To solve the given problems involving adding and subtracting monomials, we need to combine like terms. Like terms are terms that have the same variable(s) raised to the same power(s). Here's the step-by-step solution for each problem:
---
#### (a) \( 3a - 2a \)
- Both terms have the same variable \( a \).
- Combine the coefficients: \( 3 - 2 = 1 \).
- Result: \( 1a = a \).
#### (b) \( v - 4v \)
- Both terms have the same variable \( v \).
- Combine the coefficients: \( 1 - 4 = -3 \).
- Result: \( -3v \).
#### (c) \( 9x - 7x \)
- Both terms have the same variable \( x \).
- Combine the coefficients: \( 9 - 7 = 2 \).
- Result: \( 2x \).
---
#### (a) \( 2c + 3c \)
- Both terms have the same variable \( c \).
- Combine the coefficients: \( 2 + 3 = 5 \).
- Result: \( 5c \).
#### (b) \( k - (-4k) \)
- Simplify the subtraction of a negative: \( k + 4k \).
- Combine the coefficients: \( 1 + 4 = 5 \).
- Result: \( 5k \).
#### (c) \( -3r + 4r \)
- Both terms have the same variable \( r \).
- Combine the coefficients: \( -3 + 4 = 1 \).
- Result: \( 1r = r \).
---
#### (a) \( 2\sqrt{2}n - (\sqrt{2}n) \)
- Both terms have the same variable \( n \) and the same coefficient factor \( \sqrt{2} \).
- Combine the coefficients: \( 2 - 1 = 1 \).
- Result: \( 1\sqrt{2}n = \sqrt{2}n \).
#### (b) \( -n - 7n \)
- Both terms have the same variable \( n \).
- Combine the coefficients: \( -1 - 7 = -8 \).
- Result: \( -8n \).
#### (c) \( -2q^2 + 2q^2 \)
- Both terms have the same variable \( q^2 \).

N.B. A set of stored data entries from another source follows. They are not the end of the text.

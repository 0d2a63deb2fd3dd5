-- ===== src/Examples/Placed.antt =====
-- The packets that examples/inspect.rs finds between other bytes.
use marlin_binary_transfer.Common.{
  ℕ, zero, suc, ◌+◌, ◌≤◌, ◌<◌, ◌≡◌, ◌≢◌, refl, sym, ap, ◌∙◌, arith, List, [], ◌∷◌, ◌++◌, Bytes, All,
  length, length-append, length-drop, drop, drop-length-append, ltb, lt→ltb, le→ltb, ltb→lt, ltb→le,
  ne→==, false, Bool-cases, inl, inr, is_empty, ok, err, done,
}
use marlin_binary_transfer.Codec.{
  Packet, incomplete, bad_token, packet_token, header_len, from_le_bytes, wire_len, Decoded, decode,
}
use marlin_binary_transfer.Codec.Frame.{IsValid, frame, length-frame}
use marlin_binary_transfer.Codec.Decode.{decode_short, decode-head, decode-frame}
use marlin_binary_transfer.Examples.Inspect.{
  Line, packet_line, incomplete_line, error_line, skipped, list_decoded, inspect_loop, inspect,
}
use marlin_binary_transfer.Examples.Listing.{slice_from-drop, drop_add}

-- A byte that starts no packet: 0xAD is the first byte of the token.
pub record IsNoise (b : ℕ) : Type 0 where
  pub byte : b < 256
  pub no_token : b ≢ 0xAD

-- Packets, each behind some bytes that are none of theirs.
pub record Segment : Type 0 where
  pub noise : Bytes
  pub packet : Packet

pub record IsClean (segment : Segment) : Type 0 where
  pub quiet : All IsNoise segment.noise
  pub valid : IsValid segment.packet

unfoldable pub capture : List Segment → (tail : Bytes) → Bytes
capture [] tail = tail
capture (segment ∷ segments) tail = segment.noise ++ (frame segment.packet ++ capture segments tail)

-- The packets with their offsets.
unfoldable pub placed : (offset : ℕ) → List Segment → List Line
placed offset [] = []
placed offset (segment ∷ segments) =
    let start = offset + length segment.noise in
    packet_line start segment.packet.sync segment.packet.protocol segment.packet.packet_type
      (length segment.packet.payload)
    ∷ placed (start + wire_len segment.packet) segments

unfoldable pub packet_lines : List Line → List Line
packet_lines [] = []
packet_lines (packet_line offset sync protocol packet_type payload_len ∷ lines) =
    packet_line offset sync protocol packet_type payload_len ∷ packet_lines lines
packet_lines (incomplete_line offset need have ∷ lines) = packet_lines lines
packet_lines (error_line offset e ∷ lines) = packet_lines lines

decode-noise :
    (b : ℕ) (more : Bytes)
    → IsNoise b
    → header_len ≤ length (b ∷ more)
    → (got : ℕ) × (decode (b ∷ more) ≡ done (err (bad_token packet_token got)))
decode-noise b0 (b1 ∷ (b2 ∷ (b3 ∷ (b4 ∷ (b5 ∷ (b6 ∷ (b7 ∷ more))))))) noise h = (
  from_le_bytes b0 b1,
  decode-head b0 b1 b2 b3 b4 b5 b6 b7 more
      ∙ rw
          (ne→== (from_le_bytes b0 b1) packet_token
            (λ e. noise.no_token (omega (arith, noise.byte))))
          refl,
)
decode-noise b0 [] noise h = absurd (omega arith)
decode-noise b0 (b1 ∷ []) noise h = absurd (omega arith)
decode-noise b0 (b1 ∷ (b2 ∷ [])) noise h = absurd (omega arith)
decode-noise b0 (b1 ∷ (b2 ∷ (b3 ∷ []))) noise h = absurd (omega arith)
decode-noise b0 (b1 ∷ (b2 ∷ (b3 ∷ (b4 ∷ [])))) noise h = absurd (omega arith)
decode-noise b0 (b1 ∷ (b2 ∷ (b3 ∷ (b4 ∷ (b5 ∷ []))))) noise h = absurd (omega arith)
decode-noise b0 (b1 ∷ (b2 ∷ (b3 ∷ (b4 ∷ (b5 ∷ (b6 ∷ [])))))) noise h = absurd (omega arith)

wire_len-header_len : (p : Packet) → header_len ≤ wire_len p
unfolding wire_len
wire_len-header_len p = elim (Bool-cases (is_empty p.payload)) [
  | inl e ↦ rw e (omega arith)
  | inr e ↦ rw e (omega arith)
]

-- The loop from `offset` on prints lines of which those about packets are `expected`.
abbrev Finds : (fuel : ℕ) → Bytes → (offset : ℕ) → (expected : List Line) → Type 0
Finds fuel bytes offset expected =
    (lines : List Line) × (inspect_loop fuel bytes offset ≡ done lines)
    × (packet_lines lines ≡ expected)

module _ (fuel : ℕ) (bytes : Bytes) (offset : ℕ) where
  one_round :
      (rest : Bytes) (decoded : Decoded)
      → 0 < length rest
      → drop offset bytes ≡ rest
      → decode rest ≡ done decoded
      → inspect_loop (suc fuel) bytes offset ≡ list_decoded (inspect_loop fuel bytes) offset decoded
  unfolding inspect_loop
  one_round rest decoded some_left splits answer = rw (
    lt→ltb offset (length bytes) inside,
    slice_from-drop offset bytes (omega (arith, inside)),
    splits,
    answer,
  )
    where
      inside : offset < length bytes
      inside = omega (arith, length-drop offset bytes, ap (length {A = ℕ}) splits)

  noise_byte-Finds :
      (b : ℕ) (more : Bytes) (expected : List Line)
      → IsNoise b
      → header_len ≤ length (b ∷ more)
      → drop offset bytes ≡ b ∷ more
      → Finds fuel bytes (offset + 1) expected
      → Finds (suc fuel) bytes offset expected
  unfolding list_decoded skipped packet_lines
  noise_byte-Finds b more expected noise long_enough splits rest =
      let (lines, runs, found) = rest in
      let (got, answer) = decode-noise b more noise long_enough in
      (
        error_line offset (bad_token packet_token got) ∷ lines,
        one_round (b ∷ more) (err (bad_token packet_token got)) (omega arith) splits answer
            ∙ rw runs refl,
        found,
      )

  packet-Finds :
      (p : Packet) (more : Bytes) (expected : List Line)
      → IsValid p
      → drop offset bytes ≡ frame p ++ more
      → Finds fuel bytes (offset + wire_len p) expected
      → Finds
          (suc fuel)
          bytes
          offset
          (packet_line offset p.sync p.protocol p.packet_type (length p.payload) ∷ expected)
  unfolding list_decoded packet_lines
  packet-Finds p more expected v splits rest =
      let (lines, runs, found) = rest in
      (
        packet_line offset p.sync p.protocol p.packet_type (length p.payload) ∷ lines,
        one_round (frame p ++ more) (ok (p, wire_len p)) framed splits (decode-frame p more v)
            ∙ rw runs refl,
        rw found refl,
      )
    where
      framed : 0 < length (frame p ++ more)
      framed = omega (arith, length-append (frame p) more, length-frame p, wire_len-header_len p)

module _ (bytes : Bytes) where
  -- At the end of the capture.
  end-Finds : (fuel offset : ℕ) → drop offset bytes ≡ [] → Finds fuel bytes offset []
  unfolding inspect_loop packet_lines
  end-Finds fuel offset splits = ([], ends fuel, refl)
    where
      outside : ltb offset (length bytes) ≡ false
      outside =
          le→ltb offset (length bytes)
            (omega (arith, length-drop offset bytes, ap (length {A = ℕ}) splits))

      ends : (n : ℕ) → inspect_loop n bytes offset ≡ done []
      ends zero = rw outside refl
      ends (suc n) = rw outside refl

  next_byte :
      (offset b : ℕ) (more : Bytes) → drop offset bytes ≡ b ∷ more → drop (offset + 1) bytes ≡ more
  next_byte offset b more splits = sym (drop_add offset 1 bytes) ∙ ap (drop {A = ℕ} 1) splits

  tail-Finds :
      (fuel offset : ℕ) (tail : Bytes)
      → All IsNoise tail
      → drop offset bytes ≡ tail
      → length tail ≤ fuel
      → Finds fuel bytes offset []
  unfolding list_decoded packet_lines
  tail-Finds fuel offset [] quiet splits enough = end-Finds fuel offset splits
  tail-Finds zero offset (b ∷ tail) quiet splits enough = absurd (omega arith)
  tail-Finds (suc fuel) offset (b ∷ tail) quiet splits enough =
      elim (Bool-cases (ltb (length (b ∷ tail)) header_len)) [
        | inl e ↦ (
          incomplete_line offset header_len (length (b ∷ tail)) ∷ [],
          one_round fuel bytes offset (b ∷ tail) (err (incomplete header_len (length (b ∷ tail))))
              (omega arith) splits
              (decode_short (b ∷ tail) (ltb→lt (length (b ∷ tail)) header_len e)),
          refl,
        )
        | inr e ↦
            noise_byte-Finds fuel bytes offset b tail [] quiet.0
              (ltb→le (length (b ∷ tail)) header_len e) splits
              (tail-Finds fuel (offset + 1) tail quiet.1 (next_byte offset b tail splits)
                (omega arith))
      ]

  -- So it is at every offset of the capture that is followed by `rest`.
  abbrev FindsIn : Bytes → (expected : ℕ → List Line) → Type 0
  FindsIn rest expected =
      (fuel offset : ℕ)
      → drop offset bytes ≡ rest
      → length rest ≤ fuel
      → Finds fuel bytes offset (expected offset)

  noise-FindsIn :
      (noise rest : Bytes) (expected : ℕ → List Line)
      → All IsNoise noise
      → header_len ≤ length rest
      → FindsIn rest expected
      → FindsIn (noise ++ rest) (λ offset. expected (offset + length noise))
  noise-FindsIn [] rest expected quiet h finds fuel offset splits enough =
      rw unshifted (finds fuel offset splits enough)
    where
      unshifted : offset + 0 ≡ offset
      unshifted = omega arith
  noise-FindsIn (b ∷ noise) rest expected quiet h finds zero offset splits enough =
      absurd (omega arith)
  noise-FindsIn (b ∷ noise) rest expected quiet h finds (suc fuel) offset splits enough =
      noise_byte-Finds fuel bytes offset b (noise ++ rest) (expected (offset + suc (length noise)))
        quiet.0 (omega (arith, length-append noise rest)) splits
        (rw shifted (
          noise-FindsIn noise rest expected quiet.1 h finds fuel (offset + 1)
            (next_byte offset b (noise ++ rest) splits) (omega arith)))
    where
      shifted : offset + suc (length noise) ≡ offset + 1 + length noise
      shifted = omega arith

  length-framed :
      (p : Packet) (rest : Bytes)
      → (length (frame p ++ rest) ≡ wire_len p + length rest) × (header_len ≤ wire_len p)
  length-framed p rest =
      (length-append (frame p) rest ∙ ap (◌+ length rest) (length-frame p), wire_len-header_len p)

  packet-FindsIn :
      (p : Packet) (rest : Bytes) (expected : ℕ → List Line)
      → IsValid p
      → FindsIn rest expected
      → FindsIn (frame p ++ rest) (λ offset.
        packet_line offset p.sync p.protocol p.packet_type (length p.payload)
        ∷ expected (offset + wire_len p))
  packet-FindsIn p rest expected v finds zero offset splits enough =
      absurd (omega (arith, length-framed p rest))
  packet-FindsIn p rest expected v finds (suc fuel) offset splits enough =
      packet-Finds fuel bytes offset p rest (expected (offset + wire_len p)) v splits (
        finds fuel (offset + wire_len p)
          (sym (drop_add offset (wire_len p) bytes)
            ∙ rw (splits, ← length-frame p) (drop-length-append (frame p) rest))
          (omega (arith, length-framed p rest)))

  segments-FindsIn :
      (segments : List Segment) (tail : Bytes)
      → All IsClean segments
      → All IsNoise tail
      → FindsIn (capture segments tail) (λ offset. placed offset segments)
  unfolding capture placed
  segments-FindsIn [] tail clean quiet =
      λ fuel offset splits enough. tail-Finds fuel offset tail quiet splits enough
  segments-FindsIn (segment ∷ segments) tail clean quiet =
      noise-FindsIn segment.noise (frame segment.packet ++ capture segments tail) _ clean.0.quiet
        (omega (arith, length-framed segment.packet (capture segments tail)))
        (packet-FindsIn segment.packet (capture segments tail) (λ offset. placed offset segments)
          clean.0.valid (segments-FindsIn segments tail clean.1 quiet))

-- `inspect` finds every packet of a capture, at its offset and in order, and prints no other, when
-- the bytes between the packets and behind the last are none that a packet starts with.
pub inspect-capture :
    (segments : List Segment) (tail : Bytes)
    → All IsClean segments
    → All IsNoise tail
    → (lines : List Line) × (inspect (capture segments tail) ≡ done lines)
      × (packet_lines lines ≡ placed 0 segments)
unfolding inspect
inspect-capture segments tail clean quiet =
    segments-FindsIn (capture segments tail) segments tail clean quiet
      (length (capture segments tail)) 0 refl (omega arith)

- Combine the coefficients: \( -2 + 2 = 0 \).
- Result: \( 0 \).
---
#### (a) \( -2b^2 - 5b^2 \)
- Both terms have the same variable \( b^2 \).
- Combine the coefficients: \( -2 - 5 = -7 \).
- Result: \( -7b^2 \).
#### (b) \( 2m^2n^2 + 6m^2n^2 \)
- Both terms have the same variables \( m^2n^2 \).
- Combine the coefficients: \( 2 + 6 = 8 \).
- Result: \( 8m^2n^2 \).
#### (c) \( 2t - 10t \)
- Both terms have the same variable \( t \).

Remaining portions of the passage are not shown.